Those who don't know history are doomed to repeat it ;-). I have had Compose
keys, even labeled as such, on my keyboards since the dark ages. Get a Sun
Type 7 Keyboard w/ USB if you want it on your day-to-day PC.

------
ramidarigaz
Woah! Never knew about this! I find myself having to type foreign currencies
all the time, so this will be way handy.

Great post!

------
blahedo
Oddly enough, vim has had this functionality for ages (at least since the
mid-90s; ^K triggers it as the "compose" key), but they broke it in a
fundamental way during an "upgrade" a few years back. Originally, the
compositions were as described by Mr. Sivers: just the pair of keys you'd
expect, for instance a + ^ to get â. But then, for no apparent reason, they
changed all the defaults to totally unobvious things: it's now a + > to get â,
and a + ! to get à, and a + ? to get ã. You can reprogram your own, but the
whole _point_ of the system was that you'd just _know_ , which is no longer
true, alas.

------
alan_p
I've actually never used the Compose feature in Linux.
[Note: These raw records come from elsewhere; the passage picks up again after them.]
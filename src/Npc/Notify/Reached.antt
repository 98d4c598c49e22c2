-- ===== src/Npc/Notify/Reached.antt =====
-- What becomes of the channel of `CloseNotify`.
use gomcpack.Prelude.{◌≡◌, refl, sym, ◌∙◌, Bool, true, false, List, [], ◌∷◌, subst}
use gomcpack.Go.{done}
use gomcpack.Npc.Notify.{
  Channel, no_channel, open_channel, closed_channel, Source, connection, pipe, Notify, new_notify,
  close_notify, copy_ends, Step, notified, ended, Reach, here, next,
}

-- Without a channel nothing is copied; an open channel has its goroutine, which reads from the
-- connection while the server reads from the pipe; a closed one has none any more.
abbrev pub Fits : Channel → Bool → Source → List Source → Type 0
Fits no_channel gone reader copying = (gone ≡ false) × (reader ≡ connection) × (copying ≡ [])
Fits open_channel gone reader copying =
    (gone ≡ false) × (reader ≡ pipe) × (copying ≡ connection ∷ [])
Fits closed_channel gone reader copying = (gone ≡ true) × (reader ≡ pipe) × (copying ≡ [])

abbrev pub IsSound : Notify → Type 0
IsSound s = Fits s.close_notifyc s.client_gone s.reader s.copying

-- A state by its parts.
abbrev parts : Channel → Bool → Source → List Source → Notify
parts c gone reader copying = record {
  close_notifyc = c;
  client_gone = gone;
  reader = reader;
  copying = copying;
}

close_notify-parts :
    (c : Channel) (gone : Bool) (reader : Source) (copying : List Source)
    → Fits c gone reader copying
    → IsSound (close_notify (parts c gone reader copying))
unfolding close_notify
close_notify-parts no_channel gone reader copying (g, r, l) = (g, refl, rw (r, l) refl)
close_notify-parts open_channel gone reader copying h = h
close_notify-parts closed_channel gone reader copying h = h

-- The end of a goroutine closes the channel.
pub Closes : Notify → Source → Type 0
Closes s x =
    (s' : Notify) × (copy_ends s ≡ done s')
    × (s'.close_notifyc ≡ closed_channel)
    × (x ≡ connection)
    × IsSound s'

copy_ends-parts :
    (c : Channel) (gone : Bool) (reader : Source) (x : Source) (rest : List Source)
    → Fits c gone reader (x ∷ rest)
    → Closes (parts c gone reader (x ∷ rest)) x
unfolding copy_ends Closes
copy_ends-parts no_channel gone reader x rest (g, r, l) = absurd (cc)
copy_ends-parts open_channel gone reader x rest (g, r, l) =
    (parts closed_channel true reader rest, rw g refl, refl, cc, (refl, r, cc))
copy_ends-parts closed_channel gone reader x rest (g, r, l) = absurd (cc)

done-injective : (s t : Notify) → done s ≡ done t → s ≡ t
done-injective s t e = cc

after_end :
    (c : Channel) (gone : Bool) (reader : Source) (copying : List Source) (s' : Notify)
    → Fits c gone reader copying
    → copy_ends (parts c gone reader copying) ≡ done s'
    → IsSound s'
unfolding copy_ends Closes
after_end c gone reader [] s' h run =
    subst (λ (s : Notify). IsSound s) (done-injective (parts c gone reader []) s' run) h
after_end c gone reader (x ∷ rest) s' h run =
    let (t, ran, shut, conn, sound) = copy_ends-parts c gone reader x rest h in
    subst (λ (s : Notify). IsSound s) (done-injective t s' (sym ran ∙ run)) sound

Step-IsSound : {s s' : Notify} → Step s s' → IsSound s → IsSound s'
Step-IsSound (notified s) h = close_notify-parts s.close_notifyc s.client_gone s.reader s.copying h
Step-IsSound (ended {s} {s'} e) h =
    after_end s.close_notifyc s.client_gone s.reader s.copying s' h e

-- In every state that a connection reaches, however often handlers call `CloseNotify` and whenever the
-- goroutine ends, either there is no channel and nothing is copied, or there is an open channel and
-- one goroutine, which copies from the connection, or the channel is closed, the client is noted as
-- gone, and nothing is copied.
pub Reach-IsSound : (s : Notify) → Reach new_notify s → IsSound s
Reach-IsSound s here = (refl, refl, refl)
Reach-IsSound s (next r st) = Step-IsSound st (Reach-IsSound _ r)

-- From every such state the end of a goroutine closes the channel, and closes it without a panic; and
-- the goroutine copies from the connection, never from its own pipe.
pub Reach-Closes :
    (s : Notify) (x : Source) (rest : List Source)
    → Reach new_notify s
    → s.copying ≡ x ∷ rest
    → Closes s x
Reach-Closes s x rest r e =
    let sound : Fits s.close_notifyc s.client_gone s.reader (x ∷ rest) =
      subst (λ (l : List Source). Fits s.close_notifyc s.client_gone s.reader l) e
        (Reach-IsSound s r) in
    subst (λ (l : List Source). Closes (parts s.close_notifyc s.client_gone s.reader l) x) (sym e)
      (copy_ends-parts s.close_notifyc s.client_gone s.reader x rest sound)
I prefer dead keys for accents for ease of typing (though it does tend to get
hard to remember where you put dead_ogonek when you're not using it on a daily
basis) so I naturally just set up my own xkb map. This ceases to be helpful
when you're not only adding punctuation or alternate scripts but special
symbols or letterforms as well (okay, so the Russian "i" could be on the "I"
key for phonetic typing or on the "N" key for what it looks like, but where
would you put "left arrow" or "double dagger" or even "logical not"?).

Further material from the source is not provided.